● Exercise details
Your answer must hold only the lines below from the line containing "str_lt_irrefl (c ∷" through the line containing "IsIn-tail x z ys differs (inl", each reproduced exactly.

Stored data:
--- START ---
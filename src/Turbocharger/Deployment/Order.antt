-- ===== src/Turbocharger/Deployment/Order.antt =====
-- pkg/turbocharger/deployment.go: the order in which the files are noted does not matter, since the
-- manifest is sorted.
use edgerouter.Base.{
  ◌≡◌, ◌≢◌, refl, sym, ap, ap₂, subst, inl, inr, Str, false, List, [], ◌∷◌, All, Any, arith,
}
use edgerouter.Base.Sort.{SliceSort, IsSorted, Any-perm, All-perm}
use edgerouter.Discovery.EventLog.{str_lt}
use edgerouter.Turbocharger.Manifest.{FilePath}
use edgerouter.Turbocharger.Deployment.{path_lt}
use mathlib.Core.List.Permᴰ
use mathlib.Core.List.{Permᴰ}

abbrev pub HasDistinctPaths : List FilePath → Type 0
HasDistinctPaths [] = Unit
HasDistinctPaths (x ∷ xs) = All (λ y. y.path ≢ x.path) xs × HasDistinctPaths xs

abbrev IsIn : FilePath → List FilePath → Type 0
IsIn x xs = Any (λ y. y ≡ x) xs

-- Texts of which neither is less are the same.
pub str_lt-antisym : (s t : Str) → str_lt s t ≡ false → str_lt t s ≡ false → s ≡ t
unfolding str_lt
str_lt-antisym [] [] h k = refl
str_lt-antisym [] (d ∷ t) h k = cc
str_lt-antisym (c ∷ s) [] h k = cc
str_lt-antisym (c ∷ s) (d ∷ t) h k = ground (arith, str_lt-antisym s t)

All-In : (P : FilePath → Type 0) (x : FilePath) (xs : List FilePath) → IsIn x xs → All P xs → P x
All-In P x (y ∷ xs) (inl e) h = subst P e h.0
All-In P x (y ∷ xs) (inr i) h = All-In P x xs i h.1
All-In P x [] i h = absurd i

HasDistinctPaths-swap :
    (a b a' b' : FilePath) (l : List FilePath)
    → a ≡ b'
    → b ≡ a'
    → HasDistinctPaths (a ∷ b ∷ l)
    → HasDistinctPaths (a' ∷ b' ∷ l)
HasDistinctPaths-swap a b a' b' l e f ((differ, not_a), (not_b, rest)) =
    subst (λ x. HasDistinctPaths (a' ∷ x ∷ l)) e
      (subst (λ x. HasDistinctPaths (x ∷ a ∷ l)) f
        (((λ same. differ (sym same)), not_b), (not_a, rest)))

pub HasDistinctPaths-perm :
    {xs ys : List FilePath} → Permᴰ xs ys → HasDistinctPaths xs → HasDistinctPaths ys
HasDistinctPaths-perm Permᴰ.nil h = h
HasDistinctPaths-perm (Permᴰ.cons {l₂ = ys} e p) h =
    (subst (λ z. All (λ y. y.path ≢ z.path) ys) e (All-perm _ p h.0), HasDistinctPaths-perm p h.1)
HasDistinctPaths-perm (Permᴰ.swap {l = l} e f) h = HasDistinctPaths-swap _ _ _ _ l e f h
HasDistinctPaths-perm (Permᴰ.trans p q) h = HasDistinctPaths-perm q (HasDistinctPaths-perm p h)

-- The first of a sorted list is not greater than any element.
not_less :
    (x z : FilePath) (xs : List FilePath)
    → IsSorted path_lt (x ∷ xs)
    → path_lt x x ≡ false
    → IsIn z (x ∷ xs)
    → path_lt z x ≡ false
not_less x z xs s irrefl (inl e) = subst (λ w. path_lt w x ≡ false) e irrefl
not_less x z xs s irrefl (inr i) = All-In (λ w. path_lt w x ≡ false) z xs i s.0

str_lt_irrefl : (s : Str) → str_lt s s ≡ false
unfolding str_lt
str_lt_irrefl [] = refl
str_lt_irrefl (c ∷ s) = ground (arith, str_lt_irrefl s)

-- Elements of a list with distinct paths that have one path are the same.
same_path :
    (x y : FilePath) (xs : List FilePath)
    → HasDistinctPaths (x ∷ xs)
    → IsIn y (x ∷ xs)
    → y.path ≡ x.path
    → x ≡ y
same_path x y xs d (inl e) p = e
same_path x y xs d (inr i) p = absurd (All-In (λ w. w.path ≢ x.path) y xs i d.0 p)

IsIn-tail : (x z : FilePath) (ys : List FilePath) → z.path ≢ x.path → IsIn z (x ∷ ys) → IsIn z ys
IsIn-tail x z ys differs (inl e) = absurd (differs (ap (λ w. w.path) (sym e)))
IsIn-tail x z ys differs (inr i) = i

-- Two sorted lists of files with distinct paths and the same elements are the same list.
sorted_unique :
    (xs ys : List FilePath)
    → IsSorted path_lt xs
    → IsSorted path_lt ys
    → HasDistinctPaths xs
    → HasDistinctPaths ys
    → ((z : FilePath) → IsIn z xs → IsIn z ys)
    → ((z : FilePath) → IsIn z ys → IsIn z xs)
    → xs ≡ ys
sorted_unique [] [] s t d e to from = refl
sorted_unique [] (y ∷ ys) s t d e to from = absurd (from y (inl refl))
sorted_unique (x ∷ xs) [] s t d e to from = absurd (to x (inl refl))
sorted_unique (x ∷ xs) (y ∷ ys) s t d e to from =
    ap₂ (λ a l. a ∷ l) heads
      (sorted_unique xs ys s.1 t.1 d.1 e.1 (λ z i. IsIn-tail y z ys (differs_y z i) (to z (inr i)))
        (λ z i. IsIn-tail x z xs (differs_x z i) (from z (inr i))))
  where
    heads : x ≡ y
    heads = same_path x y xs d (from y (inl refl)) (
        str_lt-antisym y.path x.path (not_less x y xs s (str_lt_irrefl x.path) (from y (inl refl)))
          (not_less y x ys t (str_lt_irrefl y.path) (to x (inl refl))))

    differs_y : (z : FilePath) → IsIn z xs → z.path ≢ y.path
    differs_y z i = subst (λ w. z.path ≢ w.path) heads (All-In (λ w. w.path ≢ x.path) z xs i d.0)

    differs_x : (z : FilePath) → IsIn z ys → z.path ≢ x.path
    differs_x z i =
        subst (λ w. z.path ≢ w.path) (sym heads) (All-In (λ w. w.path ≢ y.path) z ys i e.0)

-- Sorting two orders of the same files with distinct paths gives the same list.
pub sort-perm :
    (sorting : SliceSort path_lt) (xs ys : List FilePath)
    → Permᴰ xs ys
    → HasDistinctPaths xs
    → sorting.sort xs ≡ sorting.sort ys
sort-perm sorting xs ys p d =
    let to =
      Permᴰ.trans (sorting.sort_perm xs) (Permᴰ.trans p (Permᴰ.symm (sorting.sort_perm ys))) in
    sorted_unique (sorting.sort xs) (sorting.sort ys) (sorting.sort_sorted xs)
      (sorting.sort_sorted ys) (HasDistinctPaths-perm (Permᴰ.symm (sorting.sort_perm xs)) d)
      (HasDistinctPaths-perm (Permᴰ.trans p (Permᴰ.symm (sorting.sort_perm ys))) d)
      (λ z i. Any-perm (λ y. y ≡ z) to i) (λ z i. Any-perm (λ y. y ≡ z) (Permᴰ.symm to) i)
--- END ---
● Output of the task
str_lt_irrefl (c ∷ s) = ground (arith, str_lt_irrefl s)

-- Elements of a list with distinct paths that have one path are the same.
same_path :
    (x y : FilePath) (xs : List FilePath)
    → HasDistinctPaths (x ∷ xs)
    → IsIn y (x ∷ xs)
    → y.path ≡ x.path
    → x ≡ y
same_path x y xs d (inl e) p = e
same_path x y xs d (inr i) p = absurd (All-In (λ w. w.path ≢ x.path) y xs i d.0 p)

IsIn-tail : (x z : FilePath) (ys : List FilePath) → z.path ≢ x.path → IsIn z (x ∷ ys) → IsIn z ys
IsIn-tail x z ys differs (inl e) = absurd (differs (ap (λ w. w.path) (sym e)))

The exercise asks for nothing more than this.